Please repeat the records exactly from their first line, finishing at the line containing "-- that a caller" and including it.

Dataset entries
*** Begin section ***

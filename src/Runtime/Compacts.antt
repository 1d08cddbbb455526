-- ===== src/Runtime/Compacts.antt =====
-- crates/santi-runtime/src/session/compact.rs. The ids that the code draws are arguments. A range
-- that a caller gives has numbers that the store counted.
use santi.Base.{ℕ, String, ltb, Option, none, some, [], ◌∷◌, last?, if◌then◌else◌}
use santi.Base.Texts.{format, trim, is_blank}
use santi.Base.Exec.{Exec, pure, raise, lift, ok_or, ◌>>=◌, ◌>>◌}
use santi.Model.Error.{Error, LockError}
use santi.Model.Session.{Compact, TurnTriggerType, AssemblyTarget, SoulSession}
use santi.Lock.{LockGuard, acquire, release}
use santi.Store.Mapping.{option_map}
use santi.Store.Sessions.{get_session, list_messages}
use santi.Store.Souls.{acquire_soul_session}
use santi.Store.Turns.{start_turn, complete_turn}
use santi.Store.Items.{append_compact}
use santi.Runtime.{World, call, lock_call, publish, send_key}
use santi.Runtime.Watch.{SessionWatchEvent, SessionWatchActivityKind, SessionWatchActivityState}

pub data CompactReason : Type 0 where
  manual threshold handoff : CompactReason

pub record CompactRequest : Type 0 where
  pub session_id : String
  pub summary : String
  pub start_session_seq : Option ℕ
  pub end_session_seq : Option ℕ
  pub reason : CompactReason

pub data CompactSessionError : Type 0 where
  busy not_found : CompactSessionError
  invalid internal : String → CompactSessionError

unfoldable pub render_error : Error → CompactSessionError
unfolding format
render_error (Error.not_found resource) = not_found
render_error (Error.busy resource) = internal (format (resource ∷ " busy" ∷ []))
render_error (Error.invalid_input message) = invalid message
render_error (Error.upstream message) = internal message
render_error (Error.internal message) = internal message

unfoldable pub map_lock_error : LockError → CompactSessionError
map_lock_error LockError.busy = busy
map_lock_error LockError.lost = internal "session compact lock lost"
map_lock_error (LockError.backend message) = internal message

-- `{:?}` of a reason.
unfoldable pub debug_reason : CompactReason → String
debug_reason manual = "Manual"
debug_reason threshold = "Threshold"
debug_reason handoff = "Handoff"

abbrev pub unwrap_or : Option ℕ → ℕ → ℕ
unwrap_or (some n) d = n
unwrap_or none d = d

unfoldable pub compact_event : String → SessionWatchActivityState → SessionWatchEvent
compact_event session_id state = SessionWatchEvent.activity_changed (record {
  session_id = session_id;
  activity = SessionWatchActivityKind.compact;
  state = state;
  label = none;
})

-- The two branches that give the guard back before they refuse.
unfoldable pub refuse : {A : Type 0} → LockGuard → String → Exec World CompactSessionError A
unfolding release map_lock_error
refuse guard message = do lock_call map_lock_error (release guard); raise (invalid message)

unfoldable pub announce : String → AssemblyTarget → Exec World CompactSessionError Compact
unfolding publish compact_event
announce session_id (AssemblyTarget.compact compact) = do
  publish session_id (compact_event session_id SessionWatchActivityState.completed)
  pure compact
announce session_id _ = raise (internal "unexpected assembly target while compacting session")

-- The drawn ids: of the turn and of the compact.
pub record CompactIds : Type 0 where
  pub turn_id : String
  pub compact_id : String

unfoldable pub write_compact :
    CompactIds
    → LockGuard
    → CompactRequest
    → SoulSession
    → ℕ
    → ℕ
    → Exec World CompactSessionError Compact
unfolding publish compact_event start_turn append_compact complete_turn render_error map_lock_error
    debug_reason format trim release announce
write_compact ids guard request soul_session start_session_seq end_session_seq = do
  publish request.session_id (compact_event request.session_id SessionWatchActivityState.started)
  turn ← call render_error (
      start_turn (record {
        turn_id = ids.turn_id;
        soul_session_id = soul_session.id;
        trigger_type = TurnTriggerType.system;
        trigger_ref = some (format ("session_compact:" ∷ debug_reason request.reason ∷ []));
        input_through_session_seq = end_session_seq;
      }))
  compact ← call render_error (
      append_compact (record {
        compact_id = ids.compact_id;
        turn_id = turn.id;
        summary = trim request.summary;
        start_session_seq = start_session_seq;
        end_session_seq = end_session_seq;
      }))
  call render_error (
      complete_turn (record {
        turn_id = turn.id;
        last_seen_session_seq = end_session_seq;
        provider_state = none;
      }))
  lock_call map_lock_error (release guard)
  announce request.session_id compact.target

unfoldable pub compact_under :
    String → CompactIds → LockGuard → CompactRequest → Exec World CompactSessionError Compact
unfolding get_session list_messages acquire_soul_session render_error refuse write_compact
compact_under default_soul_id ids guard request = do
  found ← call render_error (get_session request.session_id)
  session ← lift (ok_or found not_found)
  messages ← call render_error (list_messages request.session_id none)
  computed_end_session_seq ← lift (
      ok_or (option_map (λ m. m.relation.session_seq) (last? messages))
        (invalid "cannot compact empty session"))
  soul_session ← call render_error (acquire_soul_session default_soul_id session.id)
  let start_session_seq = unwrap_or request.start_session_seq 1 in
      let end_session_seq = unwrap_or request.end_session_seq computed_end_session_seq in
      if ltb end_session_seq start_session_seq
      then refuse guard "no uncompacted session range"
      else write_compact ids guard request soul_session start_session_seq end_session_seq

unfoldable pub execute_compact :
    String → CompactIds → CompactRequest → Exec World CompactSessionError Compact
unfolding acquire map_lock_error is_blank refuse compact_under send_key
execute_compact default_soul_id ids request = do
  guard ← lock_call map_lock_error (acquire (send_key request.session_id))
  if is_blank request.summary
      then refuse guard "expected non-empty compact summary"
      else compact_under default_soul_id ids guard request

unfoldable pub compact_session :
    String → CompactIds → String → String → Exec World CompactSessionError Compact
unfolding execute_compact
compact_session default_soul_id ids session_id summary =
    execute_compact default_soul_id ids (record {
      session_id = session_id;
      summary = summary;
      start_session_seq = none;
      end_session_seq = none;
      reason = manual;
    })
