-- ===== src/Hooks.antt =====
-- crates/santi-core/src/hook.rs and crates/santi-runtime/src/hooks.rs: the evaluators that a turn's
-- end runs. The reading of their parameters from JSON is serde's, so `parse_…` are arguments.
pub mod Sound
pub mod Examples
use santi.Base.{
  ℕ, ◌+◌, max, String, Bool, true, false, ltb, Option, none, some, List, [], ◌∷◌, filter,
  filter_map, length, if◌then◌else◌,
}
use santi.Base.Texts.{format, decimal}
use santi.Model.Json.{Value}
use santi.Model.Session.{
  Turn, Session, SoulSession, SessionMessage, AssemblyItem, AssemblyTarget, TurnTriggerType,
}
use santi.Runtime.Compacts.{CompactReason, threshold}

pub data HookKind : Type 0 where
  compact_threshold compact_handoff fork_handoff_threshold : HookKind

pub data HookPoint : Type 0 where
  turn_completed : HookPoint

pub record HookSpec : Type 0 where
  pub id : String
  pub enabled : Bool
  pub hook_point : HookPoint
  pub kind : HookKind
  pub params : Value

pub data RuntimeAction : Type 0 where
  compact :
      (session_id soul_session_id : String) (start_session_seq end_session_seq : ℕ)
      (summary : String) (reason : CompactReason) (source_hook_id source_turn_id : String)
      → RuntimeAction
  fork_reserved : (source_hook_id source_turn_id : String) → RuntimeAction
  fork_handoff :
      (session_id : String) (fork_point : ℕ) (seed_text source_hook_id source_turn_id : String)
      → RuntimeAction

pub record TurnCompletedHookInput : Type 0 where
  pub turn : Turn
  pub session : Session
  pub soul_session : SoulSession
  pub assistant_message : Option SessionMessage
  pub assembly_tail : List AssemblyItem

pub record CompactThresholdHook : Type 0 where
  pub id : String
  pub min_messages_since_last_compact : ℕ
  pub summary_template : Option String

pub record CompactHandoffHook : Type 0 where
  pub id : String
  pub summary : String

pub record ForkHandoffThresholdHook : Type 0 where
  pub id : String
  pub min_messages_since_last_compact : ℕ
  pub seed_text : Option String

pub data HookEvaluator : Type 0 where
  compact_threshold : CompactThresholdHook → HookEvaluator
  compact_handoff : CompactHandoffHook → HookEvaluator
  fork_handoff_threshold : ForkHandoffThresholdHook → HookEvaluator

abbrev pub compact_end_of : AssemblyTarget → Option ℕ
compact_end_of (AssemblyTarget.compact c) = some c.end_session_seq
compact_end_of _ = none

-- `iter().max().unwrap_or(0)`; no number is below 0.
abbrev pub maximum : List ℕ → ℕ
maximum [] = 0
maximum (n ∷ ns) = max n (maximum ns)

unfoldable pub last_compact_end : List AssemblyItem → ℕ
last_compact_end items = maximum (filter_map (λ item. compact_end_of item.target) items)

-- A message after the last place that a compact sums up.
abbrev pub is_after : ℕ → AssemblyTarget → Bool
is_after last (AssemblyTarget.message m) = ltb last m.relation.session_seq
is_after last _ = false

unfoldable pub messages_since : ℕ → List AssemblyItem → ℕ
messages_since last items = length (filter (λ item. is_after last item.target) items)

abbrev unwrap_text : Option String → String → String
unwrap_text (some s) d = s
unwrap_text none d = d

unfoldable pub default_summary : ℕ → ℕ → String → String
unfolding format decimal
default_summary start_session_seq end_session_seq turn_id = format (
    "Auto compact for session range "
    ∷ decimal start_session_seq
    ∷ "-"
    ∷ decimal end_session_seq
    ∷ " after turn "
    ∷ turn_id
    ∷ [])

unfoldable pub compact_at :
    CompactThresholdHook → TurnCompletedHookInput → Option SessionMessage → List RuntimeAction
unfolding last_compact_end messages_since default_summary
compact_at hook input none = []
compact_at hook input (some message) =
    let last = last_compact_end input.assembly_tail in
    let end_session_seq = message.relation.session_seq in
    if ltb (messages_since last input.assembly_tail) hook.min_messages_since_last_compact
    then []
    else RuntimeAction.compact input.session.id input.soul_session.id (last + 1) end_session_seq
        (unwrap_text hook.summary_template
          (default_summary (last + 1) end_session_seq input.turn.id))
        threshold hook.id input.turn.id
      ∷ []

unfoldable pub default_seed : String → String → ℕ → String
unfolding format decimal
default_seed hook_id turn_id fork_point = format (
    "Recommend to use compact before continuing. <santi-meta effect=\"hook_fork_handoff\" source_hook_id=\""
    ∷ hook_id
    ∷ "\" source_turn_id=\""
    ∷ turn_id
    ∷ "\" fork_point=\""
    ∷ decimal fork_point
    ∷ "\"></santi-meta>"
    ∷ [])

abbrev pub is_session_send : TurnTriggerType → Bool
is_session_send TurnTriggerType.session_send = true
is_session_send TurnTriggerType.system = false

unfoldable pub hand_off_at :
    ForkHandoffThresholdHook → TurnCompletedHookInput → Option SessionMessage → List RuntimeAction
unfolding last_compact_end messages_since default_seed
hand_off_at hook input none = []
hand_off_at hook input (some message) =
    let last = last_compact_end input.assembly_tail in
    let fork_point = message.relation.session_seq in
    if ltb (messages_since last input.assembly_tail) hook.min_messages_since_last_compact
    then []
    else RuntimeAction.fork_handoff input.session.id fork_point
        (unwrap_text hook.seed_text (default_seed hook.id input.turn.id fork_point)) hook.id
        input.turn.id
      ∷ []

unfoldable pub evaluate_turn_completed : HookEvaluator → TurnCompletedHookInput → List RuntimeAction
unfolding compact_at hand_off_at
evaluate_turn_completed (HookEvaluator.compact_threshold hook) input =
    compact_at hook input input.assistant_message
evaluate_turn_completed (HookEvaluator.compact_handoff hook) input = []
evaluate_turn_completed (HookEvaluator.fork_handoff_threshold hook) input =
    if is_session_send input.turn.trigger_type
    then hand_off_at hook input input.assistant_message
    else []

-- The parameters of the three kinds, as serde reads them.
pub record ParamsReader : Type 0 where
  pub compact_threshold : Value → Option (ℕ × Option String)
  pub compact_handoff : Value → Option String
  pub fork_handoff_threshold : Value → Option (ℕ × Option String)

abbrev with_threshold : String → Option (ℕ × Option String) → Option HookEvaluator
with_threshold id none = none
with_threshold id (some (n, template)) = some (
    HookEvaluator.compact_threshold
      (record { id = id; min_messages_since_last_compact = n; summary_template = template }))

abbrev with_summary : String → Option String → Option HookEvaluator
with_summary id none = none
with_summary id (some summary) =
    some (HookEvaluator.compact_handoff (record { id = id; summary = summary }))

abbrev with_seed : String → Option (ℕ × Option String) → Option HookEvaluator
with_seed id none = none
with_seed id (some (n, seed)) = some (
    HookEvaluator.fork_handoff_threshold
      (record { id = id; min_messages_since_last_compact = n; seed_text = seed }))

abbrev compile_kind : ParamsReader → String → Value → HookKind → Option HookEvaluator
compile_kind reader id params HookKind.compact_threshold =
    with_threshold id (reader.compact_threshold params)
compile_kind reader id params HookKind.compact_handoff =
    with_summary id (reader.compact_handoff params)
compile_kind reader id params HookKind.fork_handoff_threshold =
    with_seed id (reader.fork_handoff_threshold params)

unfoldable pub compile_spec : ParamsReader → HookSpec → Option HookEvaluator
compile_spec reader spec = compile_kind reader spec.id spec.params spec.kind

unfoldable pub compile_hook_specs : ParamsReader → List HookSpec → List HookEvaluator
unfolding compile_spec
compile_hook_specs reader specs =
    filter_map (compile_spec reader) (filter (λ spec. spec.enabled) specs)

*** End section ***

=== Your response ===
filename src/Runtime/Compacts.antt
repository 1d08cddbbb455526
-- ===== src/Runtime/Compacts.antt =====
-- crates/santi-runtime/src/session/compact.rs. The ids that the code draws are arguments. A range
-- that a caller gives has numbers that the store counted.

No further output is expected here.